Coarse-to-fine Alignment

Area-based registration works best when the source and reference rasters are already close. For difficult pairs, a coarse-to-fine approach can be more reliable than a single full-resolution run.

One practical manual pattern is:

  1. create lower-resolution source and reference products
  2. coregister the lower-resolution source to the lower-resolution reference
  3. use the coarse result to create an intermediate full-resolution source that is closer to the reference
  4. run Coregix again at full resolution to refine the alignment

The first pass handles the larger residual offset on a simpler image pair. The second pass starts from a closer alignment, giving the area-based registration a better chance of converging on the fine-scale correction.
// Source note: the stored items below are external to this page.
-- ===== src/Jsonconfig/Runs.antt =====
-- jsonconfig/jsonconfig.go: runs at concrete inputs.
use go.Common.{
  ℕ, ◌≡◌, ◌≢◌, refl, ap, subst, arith, Bool, true, false, List, [], ◌∷◌, ◌++◌, map, Option, none,
  some, if◌then◌else◌, Bool-cases, inl, inr,
}
use go.Jsonconfig.{
  Value, text, number, boolean, object, same_key, items, item, no_items, Fields, field_of,
  no_fields, Obj, entry, json, unknown_key,
}
use go.Jsonconfig.Validate.{contains, joined}
use go.Jsonconfig.Validate.Expected.{Request, asks_string, asks_int, Unasked, expected_all}
use go.Jsonconfig.Validate.Checked.{check, check-errors_of}
use go.Jsonconfig.Eval.{Result, Parser, done, failed, panics, stuck, Piece, Expander, expand_env}
use go.Jsonconfig.Eval.Env.{expand_env-Keeps}
use go.Jsonconfig.Eval.Files.{
  read_file, fileobj_name, read_json, recursive_read_json, named_expander, expand_file,
  read_absolute, read_touched, read_opened, read_decoded, env_name, eval_value,
  evaluate_expressions,
}
use go.Jsonconfig.Eval.Files.Reads.{read_file-ne-stuck}
use go.Jsonconfig.Eval.Files.Forms.{KeptFields}
use go.Jsonconfig.Eval.Files.Evaluated.{evaluate_expressions-KeptFields}

-- {"a": "x", "b": 7, "_c": "x"} where "a" and "d" are asked for as numbers.
abbrev small_obj : Obj
small_obj =
    entry (97 ∷ []) (json (text (120 ∷ [])))
    ∷ entry (98 ∷ []) (json (number 7))
    ∷ entry (95 ∷ 99 ∷ []) (json (text (120 ∷ [])))
    ∷ []

abbrev small_requests : List Request
small_requests =
    asks_int (97 ∷ []) none ∷ asks_int (100 ∷ []) none ∷ asks_string (101 ∷ []) (some []) ∷ []

abbrev no_boolean : List ℕ → Option Bool
no_boolean s = none

check-errors_of_example :
    (us : List (List ℕ)) × Unasked small_requests small_obj us
    × (check no_boolean (λ f. f) (λ ks. ks) small_requests small_obj
        ≡ some (
            joined
              (λ ks. ks)
              (expected_all no_boolean small_requests small_obj ++ map unknown_key us)))
check-errors_of_example =
    check-errors_of no_boolean (λ f. f) (λ ks. ks) small_requests small_obj
      ((refl, refl), ((refl, refl), ((refl, refl), tt)))
      ((refl, refl), ((refl, refl), ((refl, refl), tt)))

-- Two files that both include the first of them.
abbrev two_files : List (List ℕ)
two_files = (97 ∷ []) ∷ (98 ∷ []) ∷ []

abbrev open_two : List ℕ → Option (List ℕ)
open_two path = if contains two_files path then some path else none

abbrev including : List ℕ → Option Fields
including f = some (
    field_of (120 ∷ []) (items (item (text fileobj_name) (item (text (97 ∷ [])) no_items)))
      no_fields)

abbrev not_empty : List ℕ → Option (List ℕ)
not_empty [] = none
not_empty (b ∷ s) = some (b ∷ s)

or_path : Option (List ℕ) → List ℕ → List ℕ
or_path none d = d
or_path (some x) d = x

only_two :
    (path a f : List ℕ) → open_two path ≡ some f → some path ≡ some a → contains two_files a ≡ true
unfolding or_path
only_two path a f e g = elim (Bool-cases (contains two_files path)) [
  | inl y ↦ subst (λ x. contains two_files x ≡ true) (ap (λ o. or_path o path) g) y
  | inr n ↦ absurd (ground (arith, e, n))
]

never_empty : (file : List ℕ) → not_empty file ≢ some []
never_empty [] e = ground (arith, e)
never_empty (b ∷ s) e = ground (arith, ap (λ o. or_path o []) e)

abbrev no_env : List ℕ → List ℕ
no_env name = []

abbrev no_pieces : List ℕ → List Piece
no_pieces s = []

abbrev no_function : List ℕ → Option Expander
no_function name = none

read_file-ne-stuck_example :
    read_file
      (λ s. some s)
      open_two
      including
      (expand_env no_env false no_pieces no_boolean)
      not_empty
      no_function
      4
      false
      (98 ∷ [])
      (record { touched_files = none; include_stack = [] })
    ≢ stuck
read_file-ne-stuck_example =
    read_file-ne-stuck (λ s. some s) open_two including
      (expand_env no_env false no_pieces no_boolean) not_empty no_function two_files only_two
      never_empty (expand_env-Keeps no_env false no_pieces no_boolean)
      (λ name f e. absurd (ground (arith, e))) false (98 ∷ [])
      (record { touched_files = none; include_stack = [] })

-- {"a": {"b": [1, ["_env"]]}, "c": 7} where _env gives true.
abbrev always_true : List ℕ → Option Expander
always_true name = if same_key name env_name then some (λ args p. done (boolean true) p) else none

abbrev nested : Value → Fields
nested v =
    field_of (97 ∷ []) (object (field_of (98 ∷ []) v no_fields))
      (field_of (99 ∷ []) (number 7) no_fields)

abbrev idle : Parser
idle = record { touched_files = none; include_stack = [] }

abbrev one_and : Value → Value
one_and v = items (item (number 1) (item v no_items))

abbrev call_env : Value
call_env = items (item (text env_name) no_items)

nested_run :
    evaluate_expressions always_true false [] (nested (one_and call_env)) idle
    ≡ done (nested (one_and (boolean true))) idle
unfolding evaluate_expressions eval_value
nested_run = refl

evaluate_expressions-KeptFields_example :
    KeptFields always_true false (nested (one_and call_env)) (nested (one_and (boolean true)))
evaluate_expressions-KeptFields_example =
    evaluate_expressions-KeptFields always_true false [] (nested (one_and call_env))
      (nested (one_and (boolean true))) idle idle nested_run

-- "b" is {"x": ["_fileobj", "a"], "y": ["_fileobj", "a"]} and "a" is {}: there is no cycle.
abbrev file_a : Value
file_a = items (item (text fileobj_name) (item (text (97 ∷ [])) no_items))

abbrev include_twice : List ℕ → Option Fields
include_twice f =
    if same_key f (98 ∷ [])
    then some (field_of (120 ∷ []) file_a (field_of (121 ∷ []) file_a no_fields))
    else some no_fields

abbrev is_failed : Result Fields → Bool
is_failed (done m p) = false
is_failed (failed e p) = true
is_failed panics = false
is_failed stuck = false

twice_run :
    is_failed (
      read_file
        (λ s. some s)
        open_two
        include_twice
        (expand_env no_env false no_pieces no_boolean)
        not_empty
        no_function
        4
        false
        (98 ∷ [])
        idle)
    ≡ true
unfolding read_file recursive_read_json read_json evaluate_expressions eval_value named_expander
    expand_file read_absolute read_touched read_opened read_decoded
twice_run = refl
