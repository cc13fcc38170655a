-- ===== src/Readerutil.antt =====
-- The readers of readerutil, and what they read from.
pub mod Parts
pub mod Buffering
pub mod FakeSeeker
pub mod Size
pub mod Runs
Coregix does not currently accept an initial transform directly; this is a two-stage processing strategy using the output from the first run as input to the second.

Grid and Metadata Behavior

Chunked output follows the same grid rules as standard alignment:

  • source-grid output is the default
  • reference-grid output is selected with --no-output-on-moving-grid
  • band metadata and descriptions are copied from the source raster when possible
  • output nodata defaults to source nodata, then reference nodata, then 0

Chunking changes how the transform is estimated and applied internally; it does not change the output file format or the public API.